On peut encore regarder comme épithète le titre d'Autocrate que les Empereurs de Russie prennent encore, ceux de Grand-Seigneur, de Grand-Turc et celui de Sublime Porte, attribué à l'empire de Turquie.

IV. Des titres de parenté.

Le caprice du cérémonial a introduit dans le style diplomatique un double usage des titres , qui désignent les liens du sang. On s'en sert tant pour marquer les liens du sang qui existent effectivement entre les souverains, que pour exprimer des relations politiques égales ou inégales qui subsistent entre eux.

La piété a fait donner au Pape le titre de TrèsSaint Père.—Les Rois se qualifient réciproquement de Frères ; mais le titre de cousin et celui de Neveu désignent l'infériorité de celui qui les reçoit sans oser les rendre.

Le Roi de France, Louis xvi, donnait dès le commencement de son règne à chaque prince, auquel il était uni des liens du sang, indépendamment du traitement d'usage, la qualification indiquée par le degré de parenté; c'est ainsi qu'il signait les lettres à l'Empereur d'Allemagne, en se nommant son Frère et Beau - Frère ; celles à l'Électeur de Trèves, en se disant son cousin et neveu, et celles à l'Électeur de Saxe, en souscrivant Votre frère et cousin.

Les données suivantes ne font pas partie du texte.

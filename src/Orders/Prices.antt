-- ===== src/Orders/Prices.antt =====
-- The prices of the stored orders: every operation on orders keeps them in step with their lines.
pub mod Edit
pub mod Cancel
pub mod Move
pub mod Runs
use restaurant_pos.Base.{
  ℕ, ◌≡◌, refl, sym, ◌∙◌, ap, subst, inl, inr, Bool, true, false, not, Option, none, some, List, [],
  ◌∷◌, ◌==◌, ==_iff, All, All-select, select, find, ◌||◌, if◌then◌else◌, arith, Bool-cases,
  Option-cases,
}
use restaurant_pos.Base.Text.{Text, trim}
use restaurant_pos.Base.Table.{Table, get, put, get-put_self, get-put_ne}
use restaurant_pos.Base.Result.{
  Error, Result, Result-cases, ok, err, check, or_error, order_not_found, version_conflict,
  forbidden, other_branch, prepared_items, reason_required,
}
use restaurant_pos.Store.{M, Store, pure, gets, lift, modify, ◌>>=◌, ◌>>◌, AuditAction}
use restaurant_pos.Store.Kept.{Keeps, Keeps-bind, Keeps-then, Keeps-lift, Keeps-modify}
use restaurant_pos.Auth.Policy.{User, can, edit_order, void_prepared_items}
use restaurant_pos.Billing.Payments.Reverse.{is_blank}
use restaurant_pos.Menu.Types.{Menu}
use restaurant_pos.Billing.Types.{Bill}
use restaurant_pos.Billing.Update.{assert_bill_editable, update_bill}
use restaurant_pos.Billing.Access.{record_audit_event, save_bill}
use restaurant_pos.Billing.Editing.Items.{remove_voided_item}
use restaurant_pos.Kds.Board.{sync_order_into_kds}
use restaurant_pos.Orders.Types.{Order, OrderItem, is_cancelled}
use restaurant_pos.Orders.Update.{load_order, update_order, bumped, branch_matches, recalc_subtotal}
use restaurant_pos.Orders.Cancel.{
  check_bill, remove_from_bill, cancel_order, carry_out_cancel, mark_cancelled, drop_item,
  void_order_item, carry_out_void, check_session, remove_one,
}
use restaurant_pos.Orders.Edit.{
  EditInput, apply_edit, carry_out_edit, edit_order_before_payment, remove_ids_from_bill,
}
use restaurant_pos.Orders.Built.{build_order_items-LinePriced}
use restaurant_pos.Orders.Priced.{LinePriced, Priced, apply_edit-Priced}

unfoldable pub OrdersPriced : Table Order → Type 0
OrdersPriced t = (id : ℕ) (o : Order) → get t id ≡ some o → Priced o

-- Every stored order has a subtotal that is the sum of its lines, each at its quantity and price.
abbrev pub AllPriced : Store → Type 0
AllPriced s = OrdersPriced s.orders

pub put-OrdersPriced :
    (t : Table Order) (id : ℕ) (o : Order) → OrdersPriced t → Priced o → OrdersPriced (put t id o)
unfolding OrdersPriced
put-OrdersPriced t id o h p j x e = elim (Bool-cases (j == id)) [
  | inl s ↦
      let same : j ≡ id = (==_iff j id).0 s in
      let at : o ≡ x = ground (arith, get-put_self t id o) in subst Priced at p
  | inr f ↦ let other = get-put_ne t j id o (ground arith) in h j x (ground arith)
]

pub update_order-AllPriced :
    (id expected now : ℕ) (mutate : Order → Result Order)
    → ((o d : Order) → Priced o → mutate o ≡ ok d → Priced d)
    → Keeps AllPriced (update_order id expected mutate now)
unfolding update_order load_order OrdersPriced Priced LinePriced Keeps
update_order-AllPriced id expected now mutate f s h = elim (Option-cases (get s.orders id)) [
  | inl e ↦ unchanged (ground arith)
  | inr (o, e) ↦ elim (Bool-cases (o.version == expected)) [
    | inr n ↦ unchanged (ground arith)
    | inl t ↦ elim (Result-cases (mutate o)) [
      | inr (z, g) ↦ unchanged (ground arith)
      | inl (d, g) ↦
          let after : (update_order id expected mutate now s).1.orders
              ≡ put s.orders id (bumped o.version now d) =
            ground arith in
          subst OrdersPriced (sym after)
            (put-OrdersPriced s.orders id (bumped o.version now d) h (f o d (h id o e) g))
    ]
  ]
]
  where
    unchanged :
        (update_order id expected mutate now s).1.orders ≡ s.orders
        → AllPriced (update_order id expected mutate now s).1
    unchanged same = subst OrdersPriced (sym same) h

pub remove_voided_item-AllPriced :
    (session id now : ℕ) → Keeps AllPriced (remove_voided_item session id now)
unfolding remove_voided_item save_bill Keeps
remove_voided_item-AllPriced session id now s h = subst OrdersPriced (sym same) h
  where
    same : (remove_voided_item session id now s).1.orders ≡ s.orders
    same = elim (Option-cases (get s.bills session)) [
      | inl e ↦ ground arith
      | inr (x, e) ↦ ground arith
    ]

pub remove_ids-AllPriced :
    (session : Option ℕ) (ids : List ℕ) (now : ℕ)
    → Keeps AllPriced (remove_ids_from_bill session ids now)
unfolding remove_ids_from_bill Keeps
remove_ids-AllPriced none ids now = λ s h. h
remove_ids-AllPriced (some x) [] now = λ s h. h
remove_ids-AllPriced (some x) (id ∷ ids) now =
    Keeps-then AllPriced (remove_voided_item x id now) (remove_ids_from_bill (some x) ids now)
      (remove_voided_item-AllPriced x id now) (remove_ids-AllPriced (some x) ids now)

pub remove_items-AllPriced :
    (session : Option ℕ) (is : List OrderItem) (now : ℕ)
    → Keeps AllPriced (remove_from_bill session is now)
unfolding remove_from_bill Keeps
remove_items-AllPriced none is now = λ s h. h
remove_items-AllPriced (some x) [] now = λ s h. h
remove_items-AllPriced (some x) (i ∷ is) now =
    Keeps-then AllPriced (remove_voided_item x i.id now) (remove_from_bill (some x) is now)
      (remove_voided_item-AllPriced x i.id now) (remove_items-AllPriced (some x) is now)

pub check_bill-AllPriced : (o : Order) → Keeps AllPriced (check_bill o)
unfolding check_bill Keeps
check_bill-AllPriced o s h = subst OrdersPriced (sym same) h
  where
    same : (check_bill o s).1.orders ≡ s.orders
    same = elim (Option-cases o.session) [ inl e ↦ ground arith | inr (x, e) ↦ ground arith ]

pub audit-AllPriced :
    (action : AuditAction) (user id amount now : ℕ)
    → Keeps AllPriced (record_audit_event action user id amount now)
unfolding record_audit_event Keeps
audit-AllPriced action user id amount now = λ s h. h

pub sync-AllPriced : (o : Order) (now : ℕ) → Keeps AllPriced (sync_order_into_kds o now)
unfolding sync_order_into_kds Keeps
sync-AllPriced o now = λ s h. h

pub check-AllPriced : (b : Bool) (e : Error) → Keeps AllPriced (lift (check b e))
unfolding Keeps
check-AllPriced b e = λ s h. h

pub pure-AllPriced : {A : Type 0} (a : A) → Keeps AllPriced (pure a)
unfolding Keeps
pure-AllPriced a = λ s h. h

pub load_order-AllPriced : (id : ℕ) → Keeps AllPriced (load_order id)
unfolding load_order Keeps
load_order-AllPriced id = λ s h. h

pub gets-AllPriced : {A : Type 0} (f : Store → A) → Keeps AllPriced (gets f)
unfolding Keeps
gets-AllPriced f = λ s h. h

V. Des titres de courtoisie.

Les titres dont la courtoisie a imaginé de relever les dignités sont : pour le Pape, Saint Père et Sa Sainteté; pour les empereurs Sire et Sa Majesté Impériale; pour les rois, Sire et Sa Majesté; pour le Grand-Seigneur, Sa Hautesse; pour les autres princes souverains, Monseigneur et Son Altesse Sérénissime ; pour les princes héréditaires d'une couronne et pour les autres princes , fils des rois, Monseigneur et Son Altesse Impériale ou Royale; pour les autres princes du sang royal et pour les princes souverains, Monseigneur et Son Altesse Sérénissime; pour les autres princes des familles souveraines, Monseigneur et Son Altesse.

Quant aux Princes , Ducs, etc., titrés, et aux personnes revêtues des premières dignités de l'état, l'usage de la courtoisie varie trop pour qu'il soit possible de le déterminer exactement. La vanité exige les titres, la flatterie les prodigue, et quelquefois l'orgueil les refuse. Il faut donc s'instruire des usages de chaque pays pour ne point blesser le cérémonial.

On donne aux cardinaux : Monseigneur et Son

Éminence; aux archevêques et évêques , Morseigneur et Sa Grandeur. Dans presque toute l'Europe le titre d'Excellence est attaché à toutes les grandes charges de la cour, de l'état et de l'armée, et aux envoyés du premier rang. Il appartient de même au président des États-Unis et au Land Amman des cantons suisses.

Lorsqu'il y a lieu, les titres dont nous venons de parler se donnent aux femmes, à l'exception de ceux en apostrophe, qui sont remplacés par le simple mot, Madame.

VI. Du Pape.

En parlant du Pape on dit d'abord : le Pape ou le Saint Père , et dans la suite du discours, tantot Sa Sainteté, tantôt le Saint Père , tantôt encore le Souverain Pontife. - En s'adressant au Pape on dit d'abord en apostrophe : Très - Saint Père, et dans la suite du discours , Très-Saint Père et Votre Sainteté.

VII. Des Empereurs.

En parlant des empereurs on dit : Sa Majesté l’Empereur, ou l'Empereur; en continuant on emploie le même titre ou celui de Sa Majesté Impériale, ou simplement Sa Majesté, et quelquefois le Sérénissime Empereur.